» **What you are asked to do**
A verbatim copy of every entry is required. Produce it now.

Dataset entries
......

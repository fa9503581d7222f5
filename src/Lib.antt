-- ===== src/Lib.antt =====
-- wfey measures what it costs a core to wait for events: by polling, or in the Arm instruction WFE.
--
-- The program. An event processor thread (epThread in wfey.c) waits for events of source threads
-- (sourceThread); a source makes its event active, and may press a doorbell and execute SEV. The
-- processor looks at its doorbell, goes through all sources, runs the work of each active one and
-- resets its event, which also accounts the time from activation to reset. main reads the options,
-- divides the cores among the threads, sets the sources up, ends the threads and prints a line for
-- each source. Five builds (Makefile) differ in three macros.
--
-- Which file models which part:
-- - Prelude and its children: Boolean tests, lists, options, signed integers, text and its numbers.
-- - Clock: ts_t, ts_now, ts_diff of include/common.h.
-- - Source: struct Source of include/wfey.h, source_event_activate, source_event_isActive and
--   source_event_reset of wfey.c, and the body of main's loop that sets a source up. Source/Stats
--   reads the latency fields as a list of latencies.
-- - Signal: the doorbell, SEV, WFE and armMonitor of include/wfey.h.
-- - Config: the macros and the builds.
-- - System: the loops of epThread and sourceThread as steps on the shared memory, one shared access
--   at a time; an Action says which thread steps, or that main sets an end flag, or that an event comes
--   from outside the program. Any list of actions is a run. System/Covered, System/Wakeup,
--   System/Silent, System/Pass and System/Overwrite hold the proofs. System/Mailbox reads the states of the
--   events as a mailbox; System/Mailbox/Counts counts its moves, System/Mailbox/Delivery and
--   System/Mailbox/Prompt the steps up to one, and System/Mailbox/Settled those of a processor that may sleep.
--   System/Counters: the counters of the processor and the sources. System/Latencies: the latencies that a run
--   measures.
-- - Nap: the loop over nanosleep in sourceThread, and Nap/Time how long it lasts. Nap/Delay: the delay that
--   main and sourceThread compute, over the interface of Nap/Double, and Nap/Valid the delay as a time.
-- - CpuInfo: getCPUInfo of include/wfey.h; CpuInfo/Reads: what main makes of it.
-- - Pin: pinCpu of include/common.h; Pin/Threads: the cores of all threads.
-- - Perf: the counters of include/perf.h and the line that epThread prints. Perf/Session: the calls by which
--   epThread opens, switches, reads and closes its counters; Perf/Protocol: the order in which they may be
--   made, and Perf/Protocol/Kept the calls of epThread against it. Perf/Counters: what epThread reads of
--   its counters; Perf/Report, on System/Inactive: the times in the line.
-- - Work: enum WorkType, printWorkType, work_translate, choose_work, choose_ep. Work/Calls and
--   Work/Transfer: the system calls of the work functions and the loops over read and write. Work/Mem:
--   memwork. Work/Comp: compwork. Work/Io: iowork. Work/Choose: what is chosen.
-- - Main/Args: the options of main; Main/Cores: the cores, the idle threads and the end barrier;
--   Main/Start: from the options to the cores; Main/Report: the report, and Main/Report/Runs
--   the report of a run; Main/Life: the threads of main
--   from their creation to the exit, with Main/Life/Order, Steps, Course and Runs for what is true at each place of main, Access for the memory
--   of the sources and the signals, Sweeps, Alone and End for the way to the exit, and Race for a processor
--   that is ahead of main.
-- - Hwmon: wfey_hwmon.c and include/wfey_hwmon.h, over an arbitrary directory and arbitrary files.
--   Hwmon/Cache: what a search and a call of wfey_hwmon_joules_cache_path leave; Hwmon/Reads: reads.
--   Hwmon/Standalone: main of wfey_hwmon.c.
-- - Sampler: scripts/energyBM/catmon.c; Sampler/Samples: what it prints.
-- - Driver: module/altra-hwmon.c. Driver/Read: the reads of a sensor; Driver/Create: altra_create_sensor,
--   which Driver/Create/Listed, Passes, Sensors and Sound are about; Driver/Walk: altra_hwmon_create_sensors, with
--   Driver/Walk/Bounds, Ready and Reads; Driver/Probe: altra_hwmon_probe;
--   Driver/Labels: the labels of the sensors, as wfey_hwmon.c reads them.
-- - Energy: the way of a core's energy from the driver's registers to wfey_hwmon_joules_read; Energy/Spent:
--   the two readings of epThread and its line.
-- - BasicTests: the loops of basic_tests.
-- - Tests: runs on concrete inputs.
--
-- Numbers. Machine words are natural numbers with the wrap-around written out. A timespec's fields
-- are 64-bit patterns. int is an integer where it can be negative.
--
-- Outside code. The kernel's nanosleep (Nap) and scheduler (Pin) and the double of the compiler (Nap/Double,
-- also for the energies of Perf and Energy, and Work/Comp) are records of operations with what POSIX, Linux and IEEE 754 say of them; the answers of all
-- other calls are arguments. In System the sleep of a source is one step that can end at any time; Nap is about its length.
--
-- Memory model. All accesses to the doorbell, the event states and the end flags are single steps in
-- one order (the code uses sequentially consistent atomics and volatile flags). The time stamps and
-- latency fields of a source are stepped with the access that they stand next to. The event register
-- and the monitor are as the Arm architecture describes them; the processor's own accesses neither open
-- nor move its monitor.
--
-- System begins when the sources are set up and the processor has passed its barrier. In the program the processor
-- may be in its loop before that: Main/Life has the steps of main from the beginning, and Main/Life/Race such a
-- processor. The energies are read only in a build with the macro BEAST, which no target of the Makefile defines.
--
-- Main/Life counts the threads that wait at a barrier, and lets all of them go in one step when they are
-- as many as its count; a pass of the processor over the sources is one phase, and a wait in a loop, by WFE
-- or nanosleep, can end at any time. A wait at endbarrier without initialisation has no defined end and is
-- taken to have none; the theorems on it ask for an idle core.
--
-- Fuel. mem_pass has the loop bound of memwork as fuel, which is more than the 5957 rounds of its loop.
-- The loops over read and write, and that of the sampler, recur on the list of the kernel's answers.
--
-- Not modelled: nullwork, which leaves nothing behind; failures of pthread, sigaction and malloc in
-- wfey.c; the shell scripts.
pub mod Prelude
pub mod Clock
pub mod Source
pub mod Config
pub mod Signal
pub mod System
pub mod Perf
pub mod Work
pub mod Main
pub mod CpuInfo
pub mod Pin
pub mod Hwmon
pub mod Sampler
pub mod Driver
pub mod Energy
pub mod Nap
pub mod BasicTests
mod Tests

......

» **Result for this exercise**
repository fa9503581d7222f5
filename src/Lib.antt
-- ===== src/Lib.antt =====
-- wfey measures what it costs a core to wait for events: by polling, or in the Arm instruction WFE.
--
-- The program. An event processor thread (epThread in wfey.c) waits for events of source threads
-- (sourceThread); a source makes its event active, and may press a doorbell and execute SEV. The
-- processor looks at its doorbell, goes through all sources, runs the work of each active one and
-- resets its event, which also accounts the time from activation to reset. main reads the options,
-- divides the cores among the threads, sets the sources up, ends the threads and prints a line for
-- each source. Five builds (Makefile) differ in three macros.
--
-- Which file models which part:
-- - Prelude and its children: Boolean tests, lists, options, signed integers, text and its numbers.
-- - Clock: ts_t, ts_now, ts_diff of include/common.h.
-- - Source: struct Source of include/wfey.h, source_event_activate, source_event_isActive and
--   source_event_reset of wfey.c, and the body of main's loop that sets a source up. Source/Stats
--   reads the latency fields as a list of latencies.
-- - Signal: the doorbell, SEV, WFE and armMonitor of include/wfey.h.
-- - Config: the macros and the builds.
-- - System: the loops of epThread and sourceThread as steps on the shared memory, one shared access
--   at a time; an Action says which thread steps, or that main sets an end flag, or that an event comes
--   from outside the program. Any list of actions is a run. System/Covered, System/Wakeup,
--   System/Silent, System/Pass and System/Overwrite hold the proofs. System/Mailbox reads the states of the
--   events as a mailbox; System/Mailbox/Counts counts its moves, System/Mailbox/Delivery and
--   System/Mailbox/Prompt the steps up to one, and System/Mailbox/Settled those of a processor that may sleep.
--   System/Counters: the counters of the processor and the sources. System/Latencies: the latencies that a run
--   measures.
-- - Nap: the loop over nanosleep in sourceThread, and Nap/Time how long it lasts. Nap/Delay: the delay that
--   main and sourceThread compute, over the interface of Nap/Double, and Nap/Valid the delay as a time.
-- - CpuInfo: getCPUInfo of include/wfey.h; CpuInfo/Reads: what main makes of it.
-- - Pin: pinCpu of include/common.h; Pin/Threads: the cores of all threads.
-- - Perf: the counters of include/perf.h and the line that epThread prints. Perf/Session: the calls by which
--   epThread opens, switches, reads and closes its counters; Perf/Protocol: the order in which they may be
--   made, and Perf/Protocol/Kept the calls of epThread against it. Perf/Counters: what epThread reads of
--   its counters; Perf/Report, on System/Inactive: the times in the line.
-- - Work: enum WorkType, printWorkType, work_translate, choose_work, choose_ep. Work/Calls and
--   Work/Transfer: the system calls of the work functions and the loops over read and write. Work/Mem:
--   memwork. Work/Comp: compwork. Work/Io: iowork. Work/Choose: what is chosen.
-- - Main/Args: the options of main; Main/Cores: the cores, the idle threads and the end barrier;
--   Main/Start: from the options to the cores; Main/Report: the report, and Main/Report/Runs
--   the report of a run; Main/Life: the threads of main
--   from their creation to the exit, with Main/Life/Order, Steps, Course and Runs for what is true at each place of main, Access for the memory
--   of the sources and the signals, Sweeps, Alone and End for the way to the exit, and Race for a processor
--   that is ahead of main.
-- - Hwmon: wfey_hwmon.c and include/wfey_hwmon.h, over an arbitrary directory and arbitrary files.
--   Hwmon/Cache: what a search and a call of wfey_hwmon_joules_cache_path leave; Hwmon/Reads: reads.
--   Hwmon/Standalone: main of wfey_hwmon.c.
-- - Sampler: scripts/energyBM/catmon.c; Sampler/Samples: what it prints.
-- - Driver: module/altra-hwmon.c. Driver/Read: the reads of a sensor; Driver/Create: altra_create_sensor,
--   which Driver/Create/Listed, Passes, Sensors and Sound are about; Driver/Walk: altra_hwmon_create_sensors, with
--   Driver/Walk/Bounds, Ready and Reads; Driver/Probe: altra_hwmon_probe;
--   Driver/Labels: the labels of the sensors, as wfey_hwmon.c reads them.
-- - Energy: the way of a core's energy from the driver's registers to wfey_hwmon_joules_read; Energy/Spent:
--   the two readings of epThread and its line.
-- - BasicTests: the loops of basic_tests.
-- - Tests: runs on concrete inputs.
--
-- Numbers. Machine words are natural numbers with the wrap-around written out. A timespec's fields
-- are 64-bit patterns. int is an integer where it can be negative.
--
-- Outside code. The kernel's nanosleep (Nap) and scheduler (Pin) and the double of the compiler (Nap/Double,
-- also for the energies of Perf and Energy, and Work/Comp) are records of operations with what POSIX, Linux and IEEE 754 say of them; the answers of all
-- other calls are arguments. In System the sleep of a source is one step that can end at any time; Nap is about its length.
--
-- Memory model. All accesses to the doorbell, the event states and the end flags are single steps in
-- one order (the code uses sequentially consistent atomics and volatile flags). The time stamps and
-- latency fields of a source are stepped with the access that they stand next to. The event register
-- and the monitor are as the Arm architecture describes them; the processor's own accesses neither open
-- nor move its monitor.
--
-- System begins when the sources are set up and the processor has passed its barrier. In the program the processor
-- may be in its loop before that: Main/Life has the steps of main from the beginning, and Main/Life/Race such a
-- processor. The energies are read only in a build with the macro BEAST, which no target of the Makefile defines.
--
-- Main/Life counts the threads that wait at a barrier, and lets all of them go in one step when they are
-- as many as its count; a pass of the processor over the sources is one phase, and a wait in a loop, by WFE
-- or nanosleep, can end at any time. A wait at endbarrier without initialisation has no defined end and is
-- taken to have none; the theorems on it ask for an idle core.
--
-- Fuel. mem_pass has the loop bound of memwork as fuel, which is more than the 5957 rounds of its loop.
-- The loops over read and write, and that of the sampler, recur on the list of the kernel's answers.
--
-- Not modelled: nullwork, which leaves nothing behind; failures of pthread, sigaction and malloc in
-- wfey.c; the shell scripts.
pub mod Prelude
pub mod Clock
pub mod Source
pub mod Config
pub mod Signal
pub mod System
pub mod Perf
pub mod Work
pub mod Main
pub mod CpuInfo
pub mod Pin
pub mod Hwmon
pub mod Sampler
pub mod Driver
pub mod Energy
pub mod Nap
pub mod BasicTests
mod Tests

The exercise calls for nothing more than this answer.